Вполне обоснованное мнение. Думаю, именно так ее многие и видели, потому что к внешнему человеку она была обращена именно этой своей стороной. Я потому и начал рассказ о Санкхье «с конца», чтобы провести вас мимо этой ее части. Очень возможно, что и это было частью тайного учения или подготовки к посвящению. Выдержать бесконечные «инвентаризации» может не каждый.
Кстати, той же болезнью счетоводства страдал и Буддизм. Поскольку в следующих главах я перейду к нему, есть смысл сказать несколько слов о том, что ранняя Санкхья во времена Упанишад и во времена ее основоположника Капилы была, видимо, проще. Но вот подсчет в ней уже был. И более чем вероятно, что именно Санкхья была тем источником, из которого вырос Буддизм.
Приведу большую выдержку из предисловия Гарбе к «Таттва-каумуди» – тому самому комментарию к «Санкхья-карикам», которые сделал Вачаспати Мишра.
«Склонность Будды к классификации понятий выражается в педантичном счислении, которое в постоянной форме встречается в его проповедях: пятеричная привязанность к земному, святой восьмичленный путь, двенадцатичленное познание, восьмеричное воздержание, четвероякое стремление и т. п.; “добродетели и пороки имеют свое число; есть пять сил и пять органов нравственной жизни, пять преград и семь элементов просвещения известны также еретикам и неверным, но только ученики Будды знают, как эти Пять развиваются в Десять и эти Семь в Четырнадцать”.
С такими же особенностями мы встречаемся в Санкья-системе, получившей свое наименование от счисления принципов и, может быть, также от исключительного пристрастия к переложению отвлеченных понятий в сухие числовые отношения. В Санкья-системе мы находим троякое страдание (то есть исходящее от богов, от других существ и от нас самих), далее – пятеричная склонность, духовное творчество пятидесяти родов, бессилие двадцати восьми родов, девятикратное удовлетворение, восьмеричное совершенство и заблуждение шестидесяти двух родов, распадающееся на восьмеричную темноту, восьмеричное помрачнение, десятеричное великое помрачнение, тьму восемнадцати родов и непрозримую тьму восемнадцати родов.

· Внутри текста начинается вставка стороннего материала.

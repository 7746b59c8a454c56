-- ===== src/Index/Query.antt =====
-- src/typesense_lite/index.py: parts of `search_query`: the statistics of the fields, the edit distance and
-- the pages. `avg_len` is kept as the total length and the number of documents.
pub mod Pages
pub mod Edits
pub mod Rows
pub mod Match
use typesense_python.Base.{
  ltb, leb, ◌==◌, if◌then◌else◌, nat_eq, length, take, drop, last?, any, Str, str_eq, text_eq, ℕ,
  zero, suc, ◌+◌, ◌-◌, ◌*◌, max, min, Bool, Option, none, some, List, [], ◌∷◌,
}
use typesense_python.Base.Dict.{Dict, get, put}
use typesense_python.Base.Order.{sort}
use typesense_python.Schemas.{ℤ}
use typesense_python.Schemas.ℤ.{pos, negsuc}
use typesense_python.Index.{Counter, InvertedIndex, count_from, keys, str_le}

pub record FieldStats : Type 0 where
  pub doc_freq : Counter
  pub total_length : ℕ
  pub doc_count : ℕ

-- sum(terms.values())
unfoldable pub total : Counter → ℕ
total [] = 0
total ((t, n) ∷ terms) = n + total terms

-- One round of the inner loop: a document without terms in the field is passed over.
unfoldable pub add_stats : FieldStats → Option Counter → FieldStats
add_stats stats none = stats
add_stats stats (some []) = stats
add_stats stats (some (e ∷ terms)) = record {
  doc_freq = count_from stats.doc_freq (keys (e ∷ terms));
  total_length = stats.total_length + total (e ∷ terms);
  doc_count = stats.doc_count + 1;
}

unfoldable pub field_stats : FieldStats → Str → Dict Str (Dict Str Counter) → FieldStats
field_stats stats field [] = stats
field_stats stats field ((id, fields) ∷ documents) =
    field_stats (add_stats stats (get fields field)) field documents

abbrev no_stats : FieldStats
no_stats = record { doc_freq = []; total_length = 0; doc_count = 0 }

unfoldable pub build_field_stats :
    InvertedIndex → List Str → Dict Str FieldStats → Dict Str FieldStats
build_field_stats ix [] stats = stats
build_field_stats ix (field ∷ fields) stats =
    build_field_stats ix fields (put stats field (field_stats no_stats field ix.document_fields))

abbrev insert_name : List Str → List Str → List Str
insert_name names [] = names
insert_name names (f ∷ fs) =
    let more = insert_name names fs in if any (str_eq f) more then more else f ∷ more

unfoldable pub field_names : List Str → Dict Str (Dict Str Counter) → List Str
field_names names [] = names
field_names names ((id, fields) ∷ documents) =
    field_names (insert_name names (keys fields)) documents

unfoldable pub available_string_fields : InvertedIndex → List Str
available_string_fields ix = sort str_le (field_names [] ix.document_fields)

-- The cells of a row: `previous` from the column before, and the cell to the left.
unfoldable pub row_cells : ℕ → Str → List ℕ → ℕ → List ℕ
row_cells c (r ∷ right) (p ∷ q ∷ previous) left =
    let value = min (min (left + 1) (q + 1)) (if c == r then p else p + 1) in
    value ∷ row_cells c right (q ∷ previous) value
row_cells c _ _ left = []

unfoldable pub row_min : ℕ → List ℕ → ℕ
row_min m [] = m
row_min m (v ∷ vs) = row_min (min m v) vs

unfoldable pub count_up : ℕ → ℕ → List ℕ
count_up i zero = []
count_up i (suc n) = i ∷ count_up (i + 1) n

abbrev pub last_cell : List ℕ → ℕ
last_cell row = elim (last? row) [ none ↦ 0 | some v ↦ v ]

-- The loop over the rows, which ends early when all cells of a row are above the limit.
unfoldable pub edit_rows : ℕ → Str → Str → ℕ → List ℕ → Option ℕ
edit_rows limit [] right row previous =
    if leb (last_cell previous) limit then some (last_cell previous) else none
edit_rows limit (c ∷ left) right row previous =
    let cells = row_cells c right previous row in
    let rest = edit_rows limit left right (row + 1) (row ∷ cells) in
    if ltb limit (row_min row cells) then none else rest

-- abs(len(left) - len(right)) > max_distance
abbrev pub lengths_differ : ℕ → ℕ → ℕ → Bool
lengths_differ m n limit = ltb limit ((m - n) + (n - m))

unfoldable pub edit_distance : Str → Str → ℕ → Option ℕ
edit_distance left right limit =
    if lengths_differ (length left) (length right) limit
    then none
    else edit_rows limit left right 1 (count_up 0 (length right + 1))

-- max(n, 1)
unfoldable pub at_least_one : ℤ → ℕ
at_least_one (pos n) = max n 1
at_least_one (negsuc n) = 1

unfoldable pub paginate {ℓ} : {A : Type ℓ} → List A → ℤ → Option ℤ → List A
paginate hits page none = hits
paginate hits page (some per_page) =
    take (at_least_one per_page) (drop ((at_least_one page - 1) * at_least_one per_page) hits)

Я думаю, нельзя объяснить это замечательное совпадение всеобщей склонностью Индусов к схематизированию, скорее же здесь должно видеть непрерывность вполне определенно окрашенной схоластической манеры учения. Если же мы зададимся вопросом, кто же из них передал один другому этот сухой философский метод, Капила Будде или наоборот, то самое дело укажет нам с полною очевидностью на Капилу, основателя счислительной философии» (Гарбе // Лунный свет Санкья-истины, с. 63–64).

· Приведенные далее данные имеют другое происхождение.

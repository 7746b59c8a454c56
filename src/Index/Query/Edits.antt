-- ===== src/Index/Query/Edits.antt =====
-- What `_edit_distance` of src/typesense_lite/index.py means: the fewest edits between two texts.
use typesense_python.Base.{
  ◌==◌, if◌then◌else◌, ==_iff, nat_eq, length, Str, text_eq, ℕ, suc, ◌+◌, ◌≤◌, min, ◌≡◌, refl, ap,
  ◌∙◌, Bool, true, false, [], ◌∷◌, ◌++◌, append-nil, arith,
}
use mathlib.Core.Path.{subst}
use native.Mathlib.Decide.{dec_le}

-- A way to turn one text into another, and its number of edits.
pub data Edits : Str → Str → ℕ → Type 0 where
  same : Edits [] [] 0
  keep : {a b : Str} {n : ℕ} (c : ℕ) → Edits a b n → Edits (c ∷ a) (c ∷ b) n
  replace : {a b : Str} {n : ℕ} (c d : ℕ) → Edits a b n → Edits (c ∷ a) (d ∷ b) (suc n)
  delete : {a b : Str} {n : ℕ} (c : ℕ) → Edits a b n → Edits (c ∷ a) b (suc n)
  insert : {a b : Str} {n : ℕ} (d : ℕ) → Edits a b n → Edits a (d ∷ b) (suc n)

-- The least number of edits.
unfoldable pub distance : Str → Str → ℕ
distance [] b = length b
distance (c ∷ a) [] = suc (length a)
distance (c ∷ a) (d ∷ b) =
    min (min (distance (c ∷ a) b + 1) (distance a (d ∷ b) + 1))
      (if c == d then distance a b else distance a b + 1)

pub distance-nil : (a : Str) → distance a [] ≡ length a
unfolding distance
distance-nil [] = refl
distance-nil (c ∷ a) = refl

insert_all : (b : Str) → Edits [] b (length b)
insert_all [] = same
insert_all (d ∷ b) = insert d (insert_all b)

delete_all : (a : Str) → Edits a [] (length a)
delete_all [] = same
delete_all (c ∷ a) = delete c (delete_all a)

Edits-min : (a b : Str) (m n : ℕ) → Edits a b m → Edits a b n → Edits a b (min m n)
Edits-min a b m n x y = elim (dec_le m n) [
  | yes le ↦ subst (Edits a b) (omega arith) x
  | no gt ↦ subst (Edits a b) (omega arith) y
]

Edits-suc : (a b : Str) (n : ℕ) → Edits a b (suc n) → Edits a b (n + 1)
Edits-suc a b n e = subst (Edits a b) (omega arith) e

keep_or_replace :
    (c d n : ℕ) (a b : Str) (k : Bool)
    → (c == d) ≡ k
    → Edits a b n
    → Edits (c ∷ a) (d ∷ b) (if k then n else n + 1)
keep_or_replace c d n a b true q e =
    subst (λ x. Edits (c ∷ a) (x ∷ b) n) ((==_iff c d).0 q) (keep c e)
keep_or_replace c d n a b false q e = Edits-suc (c ∷ a) (d ∷ b) n (replace c d e)

pub distance-Edits : (a b : Str) → Edits a b (distance a b)
unfolding distance
distance-Edits [] b = insert_all b
distance-Edits (c ∷ a) [] = delete_all (c ∷ a)
distance-Edits (c ∷ a) (d ∷ b) =
    Edits-min (c ∷ a) (d ∷ b) _ _
      (Edits-min (c ∷ a) (d ∷ b) _ _
        (Edits-suc (c ∷ a) (d ∷ b) (distance (c ∷ a) b) (insert d (distance-Edits (c ∷ a) b)))
        (Edits-suc (c ∷ a) (d ∷ b) (distance a (d ∷ b)) (delete c (distance-Edits a (d ∷ b)))))
      (keep_or_replace c d (distance a b) a b (c == d) refl (distance-Edits a b))

distance-delete : (c : ℕ) (a b : Str) → distance (c ∷ a) b ≤ suc (distance a b)
unfolding distance
distance-delete c a [] = omega (arith, distance-nil a)
distance-delete c a (d ∷ b) = ground arith

distance-insert : (d : ℕ) (a b : Str) → distance a (d ∷ b) ≤ suc (distance a b)
unfolding distance
distance-insert d [] b = omega arith
distance-insert d (c ∷ a) b = ground arith

distance-keep : (c : ℕ) (a b : Str) → distance (c ∷ a) (c ∷ b) ≤ distance a b
unfolding distance
distance-keep c a b = ground (arith, ==_iff c c)

distance-replace : (c d : ℕ) (a b : Str) → distance (c ∷ a) (d ∷ b) ≤ suc (distance a b)
unfolding distance
distance-replace c d a b = ground arith

pub distance-least : (a b : Str) (n : ℕ) → Edits a b n → distance a b ≤ n
unfolding distance
distance-least _ _ _ same = omega arith
distance-least _ _ _ (keep {a} {b} {n} c e) =
    omega (arith, distance-keep c a b, distance-least a b n e)
distance-least _ _ _ (replace {a} {b} {n} c d e) =
    omega (arith, distance-replace c d a b, distance-least a b n e)
distance-least _ _ _ (delete {a} {b} {n} c e) =
    omega (arith, distance-delete c a b, distance-least a b n e)
distance-least _ _ _ (insert {a} {b} {n} d e) =
    omega (arith, distance-insert d a b, distance-least a b n e)

-- A text read backwards, in front of another.
unfoldable pub onto : Str → Str → Str
onto [] b = b
onto (c ∷ a) b = onto a (c ∷ b)

onto-onto : (a b c : Str) → onto (onto a b) c ≡ onto b (a ++ c)
unfolding onto
onto-onto [] b c = refl
onto-onto (x ∷ a) b c = onto-onto a (x ∷ b) c

Edits-onto :
    (a b a' b' : Str) (n m : ℕ)
    → Edits a b n
    → Edits a' b' m
    → Edits (onto a a') (onto b b') (n + m)
unfolding onto
Edits-onto _ _ a' b' _ m same t = subst (Edits a' b') (omega arith) t
Edits-onto _ _ a' b' _ m (keep {a} {b} {n} c e) t =
    Edits-onto a b (c ∷ a') (c ∷ b') n m e (keep c t)
Edits-onto _ _ a' b' _ m (replace {a} {b} {n} c d e) t =
    subst (Edits (onto a (c ∷ a')) (onto b (d ∷ b'))) (omega arith)
      (Edits-onto a b (c ∷ a') (d ∷ b') n (suc m) e (replace c d t))
Edits-onto _ _ a' b' _ m (delete {a} {b} {n} c e) t =
    subst (Edits (onto a (c ∷ a')) (onto b b')) (omega arith)
      (Edits-onto a b (c ∷ a') b' n (suc m) e (delete c t))
Edits-onto _ _ a' b' _ m (insert {a} {b} {n} d e) t =
    subst (Edits (onto a a') (onto b (d ∷ b'))) (omega arith)
      (Edits-onto a b a' (d ∷ b') n (suc m) e (insert d t))

distance-onto_le : (a b : Str) → distance (onto a []) (onto b []) ≤ distance a b
distance-onto_le a b = omega (
  arith,
  distance-least (onto a []) (onto b []) (distance a b + 0)
      (Edits-onto a b [] [] (distance a b) 0 (distance-Edits a b) same),
)

onto_twice : (a : Str) → onto (onto a []) [] ≡ a
unfolding onto
onto_twice a = onto-onto a [] [] ∙ append-nil a

-- Reading both texts backwards keeps the distance.
pub distance-onto : (a b : Str) → distance (onto a []) (onto b []) ≡ distance a b
distance-onto a b =
    let back = distance-onto_le (onto a []) (onto b []) in
    omega (
      arith,
      distance-onto_le a b,
      back,
      ap (λ x. distance x (onto (onto b []) [])) (onto_twice a),
      ap (distance a) (onto_twice b),
    )

-- The texts differ in length by the number of edits at most.
pub length-Edits :
    (a b : Str) (n : ℕ) → Edits a b n → (length a ≤ length b + n) × (length b ≤ length a + n)
length-Edits _ _ _ same = (omega arith, omega arith)
length-Edits _ _ _ (keep {a} {b} {n} c e) =
    let (x, y) = length-Edits a b n e in (omega (arith, x), omega (arith, y))
length-Edits _ _ _ (replace {a} {b} {n} c d e) =
    let (x, y) = length-Edits a b n e in (omega (arith, x), omega (arith, y))
length-Edits _ _ _ (delete {a} {b} {n} c e) =
    let (x, y) = length-Edits a b n e in (omega (arith, x), omega (arith, y))
length-Edits _ _ _ (insert {a} {b} {n} d e) =
    let (x, y) = length-Edits a b n e in (omega (arith, x), omega (arith, y))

Как бы там ни было и каким бы ни было мнение ведущих философов, я не склонен видеть в Санкхье счислительную философию. Думаю, что это всего лишь прием, обеспечивающий узнавание и различение. И как всякий подготовительный прием, как яма и нияма, да и асаны, пожалуй, в Йоге, он был призван лишь обучать начинающего некоторым навыкам, которые потом должны были работать сами, как и полагается навыку. Мы вполне можем однажды вернуться к подробному разбору всех этих «счислительных» понятий Санкхьи, хотя это лучше делать на семинарах, то есть тогда, когда с ними можно поделать упражнения, чтобы не просто запомнить списки, а понять, что же в действительности стоит за каждым понятием.
Думаю, эта ступень Санкхьи по усвоению начинающим «двадцати пя-ти» – занимала немалый срок, как и асаны в Йоге. Повторю, именно по усвоению. Тут речь не о памяти и не о словах, почему я и позволяю себе отвергать мнение философов. Знание бывает разное, а Санкхья говорит о «правильном знании». Правильное знание не дается при взгляде со стороны.
На этом я обрываю рассказ об учении Санкхьи, но для того, чтобы дать хотя бы самое общее представление о том, что содержится в остальных шестидесяти кариках, я приведу небольшой кусочек из гораздо более древнего текста – из Шветашватары-упанишады. Все, что потом развернулось в свод учения Санкхьи, здесь содержится как бы в зародыше. Конечно, это и не единственный источник Санкхьи, да и увязка моя, то есть приравнивание одного текста другому, довольно произвольна, но кому-то этого будет достаточно. А желающие по этой связи вполне могут восстановить полную картину взаимоотношений Санкхьи с Упанишадами.
Итак:
«1. Рассуждающие о Брахмане рассуждают:
В чем причина? В Брахмане? Откуда мы родились? Чем живем? И где основаны?
Знающие Брахмана [поведайте] <…>
3. Следовавшие размышлению (В том числе и размышлению Санкхьи – А.Ш.) и йоге видели саму силу божественной сущности, скрытую [ее] собственными свойствами, что одна правит всеми этим причинами, связанными с временем и Атманом».
Я поместил рассказ о самом главном йогическом сочинении после рассказа о Санкхье, потому что без понимания Санкхьи не понять и Патанджали. «Виднейший историк классической индийской философии С. Дасгупта характеризовал Патанджали как теоретика именно санкхьянистского направления в Йоге. Он, подчеркивал Дасгупта, “не только собрал различные формы йогических практик и отделил разнообразные идеи, которые были или могли быть связаны с йогой, но и пересадил их на метафизику санкхьи и придал им тот вид, в котором они и дошли до нас”» (Островская, Рудой, Введение // Классическая йога, с. 10).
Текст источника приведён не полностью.